[Dataset entries]
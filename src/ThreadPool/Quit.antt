-- ===== src/ThreadPool/Quit.antt =====
-- `ThreadPool::quit` of RPC_util/ThreadPool.hpp: the notifications of its loop go to one flag, and
-- only one worker takes it.
use cpp_rpc.Prelude.{
  ℕ, zero, suc, ◌≡◌, ◌≤◌, refl, ap, ◌∙◌, ◌⊎◌, inl, inr, true, Option, none, some, List, [], ◌∷◌,
  ◌++◌, map, get_elem?, replicate, length, length-replicate, ◌==◌, arith, append_assoc,
  if◌then◌else◌,
}
use cpp_rpc.Int32.{add_int, sub_int}
use cpp_rpc.ThreadPool.{
  Ready, unset, tag, notify, clear, Pc, waiting, exited, Pool, Event, works, work, wait, take_task,
  is_task, worker_step, notify_all, step, run, QuitPc, clearing, polling, notifying, joining,
  is_exited, quit_step,
}
use cpp_rpc.ThreadPool.Joins.{Act, others, quits, act, run_quit}

module _ {A : Type 0} where
  -- `quit` from its first line to its first `join`, with `n` workers
  abbrev pub quit_acts : ℕ → List (Act A)
  quit_acts n = quits ∷ quits ∷ quits ∷ (replicate n quits ++ quits ∷ [])

  -- the six steps of the worker that wins the flag: from its `wait` to its return
  abbrev pub winner_acts : List (Act A)
  winner_acts = map others (replicate 6 (works 0))

  -- a step of the thread that quits, or of a worker
  abbrev pub turn : Option ℕ → Act A
  turn none = quits
  turn (some i) = others (works i)

  -- the pool once `quit` has begun, at `m_running` = `r`
  quitting : Pool A → ℕ → Ready → List (Pc A) → Pool A
  quitting p r q ws = record p {
    shared = record { tasks = []; ready = q; exit = true; running = r };
    workers = ws;
  }

  others_first :
      (es : List (Event A)) (more : List (Act A)) (p : Pool A) (pc : QuitPc)
      → run_quit (map others es ++ more) (p, pc) ≡ run_quit more (run p es, pc)
  unfolding run_quit act run
  others_first [] more p pc = refl
  others_first (e ∷ es) more p pc = others_first es more (step p e) pc

  notifies_all :
      (k : ℕ) (more : List (Act A)) (p : Pool A) (r : ℕ) (q : Ready) (ws : List (Pc A))
      → run_quit (replicate (suc k) quits ++ more) (quitting p r q ws, notifying (suc k))
        ≡ run_quit more (quitting p r (tag 1) ws, notifying 0)
  unfolding run_quit act quit_step step notify_all notify quitting
  notifies_all zero more p r q ws = refl
  notifies_all (suc k) more p r q ws = notifies_all k more p r (tag 1) ws

  get_elem?-replicate :
      (n i : ℕ) (pc : Pc A)
      → (get_elem? (replicate n pc) i ≡ none) ⊎ (get_elem? (replicate n pc) i ≡ some pc)
  get_elem?-replicate zero i pc = inl refl
  get_elem?-replicate (suc n) zero pc = inr refl
  get_elem?-replicate (suc n) (suc i) pc = get_elem?-replicate n i pc

  blocked :
      (p : Pool A) (r n i : ℕ)
      → let q = quitting p r unset (exited ∷ replicate n waiting) in worker_step q i ≡ q
  unfolding worker_step work wait quitting
  blocked p r n zero = refl
  blocked p r n (suc i) = elim (get_elem?-replicate n i waiting) [
    | inl e ↦ rw (e, worker_step)
    | inr e ↦ rw (e, worker_step)
  ]

  wins :
      (p : Pool A) (r n : ℕ)
      → run (quitting p r (tag 1) (waiting ∷ replicate n waiting)) (replicate 6 (works 0))
        ≡ quitting p (sub_int (add_int r 1) 1) unset (exited ∷ replicate n waiting)
  unfolding run step worker_step work wait take_task is_task quitting
  wins p r n = refl

  -- From then on nothing moves but the first `join`.
  stays :
      (p : Pool A) (r n : ℕ) (turns : List (Option ℕ)) (j : ℕ)
      → j ≤ 1
      → let q = quitting p r unset (exited ∷ replicate (suc n) waiting) in
        (i : ℕ) × (run_quit (map turn turns) (q, joining j) ≡ (q, joining i)) × (i ≤ 1)
  unfolding run_quit act step quit_step is_exited quitting
  stays p r n [] j k = (j, refl, k)
  stays p r n (some i ∷ turns) j k =
      let (i', e, k') = stays p r n turns j k in
      (i', ap (λ q. run_quit (map turn turns) (q, joining j)) (blocked p r (suc n) i) ∙ e, k')
  stays p r n (none ∷ turns) zero k = stays p r n turns 1 (omega arith)
  stays p r n (none ∷ turns) (suc zero) k = stays p r n turns 1 (omega arith)
  stays p r n (none ∷ turns) (suc (suc j)) k = absurd (omega arith)

  enters :
      (p : Pool A) (more : List (Act A))
      → run_quit (quits ∷ quits ∷ quits ∷ more) (p, clearing)
        ≡ run_quit more (
          quitting p p.shared.running p.shared.ready p.workers,
          if p.shared.running == 0 then notifying (length p.workers) else polling,
        )
  unfolding run_quit act quit_step step clear quitting
  enters p more = refl

  joins_first :
      (p : Pool A) (ws : List (Pc A)) (r : ℕ) (q : Ready) (more : List (Act A))
      → run_quit (quits ∷ more) (quitting p r q ws, notifying 0)
        ≡ run_quit more (quitting p r q ws, joining 0)
  unfolding run_quit act quit_step
  joins_first p ws r q more = refl

  begins :
      (p : Pool A) (n : ℕ) (more : List (Act A))
      → p.workers ≡ replicate (suc (suc n)) waiting
      → p.shared.running ≡ 0
      → run_quit (quit_acts (suc (suc n)) ++ more) (p, clearing)
        ≡ run_quit more (quitting p 0 (tag 1) (replicate (suc (suc n)) waiting), joining 0)
  begins p n more e z =
      let m = suc (suc n) in
      let ws = replicate m waiting in
      let rest = (replicate m quits ++ quits ∷ []) ++ more in
      let size : length p.workers ≡ m = ap length e ∙ length-replicate {A = Pc A} m waiting in
      let bracket = append_assoc (replicate m quits) (quits ∷ []) more in
      let first : run_quit (quits ∷ quits ∷ quits ∷ rest) (p, clearing)
          ≡ run_quit rest (quitting p 0 p.shared.ready ws, notifying m) =
        enters p rest ∙ rw (e, z, length-replicate {A = Pc A} m waiting) refl in
      first
      ∙ ap (λ acts. run_quit acts (quitting p 0 p.shared.ready ws, notifying m)) bracket
      ∙ notifies_all (suc n) (quits ∷ more) p 0 p.shared.ready ws
      ∙ joins_first p ws 0 (tag 1) more

  -- `quit` may never return: with two workers or more, all of them waiting and none running a function,
  -- where all its notifications are made before the first of them has woken, and that one then returns,
  -- `quit` stays at its first or second `join`, and the other workers stay blocked, whatever the workers
  -- and `quit` try from then on.
  pub quit_hangs :
      (p : Pool A) (n : ℕ) (turns : List (Option ℕ))
      → p.workers ≡ replicate (suc (suc n)) waiting
      → p.shared.running ≡ 0
      → (p' : Pool A) × (i : ℕ) × (run_quit
            (quit_acts (suc (suc n)) ++ (winner_acts ++ map turn turns))
            (p, clearing)
          ≡ (p', joining i))
        × (i ≤ 1)
        × (p'.workers ≡ exited ∷ replicate (suc n) waiting)
  unfolding quitting
  quit_hangs p n turns e z =
      let (i, end, k) = stays p (sub_int (add_int 0 1) 1) n turns 0 (omega arith) in
      (
        quitting p (sub_int (add_int 0 1) 1) unset (exited ∷ replicate (suc n) waiting),
        i,
        begins p n (winner_acts ++ map turn turns) e z
            ∙ others_first (replicate 6 (works 0)) (map turn turns)
                (quitting p 0 (tag 1) (replicate (suc (suc n)) waiting)) (joining 0)
            ∙ ap (λ q. run_quit (map turn turns) (q, joining 0)) (wins p 0 (suc n))
            ∙ end,
        k,
        refl,
      )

Activity: Filter the entries down to the lines containing "omega". Copy each of those lines.

Answer to this exercise:
  stays p r n (none ∷ turns) zero k = stays p r n turns 1 (omega arith)
  stays p r n (none ∷ turns) (suc zero) k = stays p r n turns 1 (omega arith)
  stays p r n (none ∷ turns) (suc (suc j)) k = absurd (omega arith)
      let (i, end, k) = stays p (sub_int (add_int 0 1) 1) n turns 0 (omega arith) in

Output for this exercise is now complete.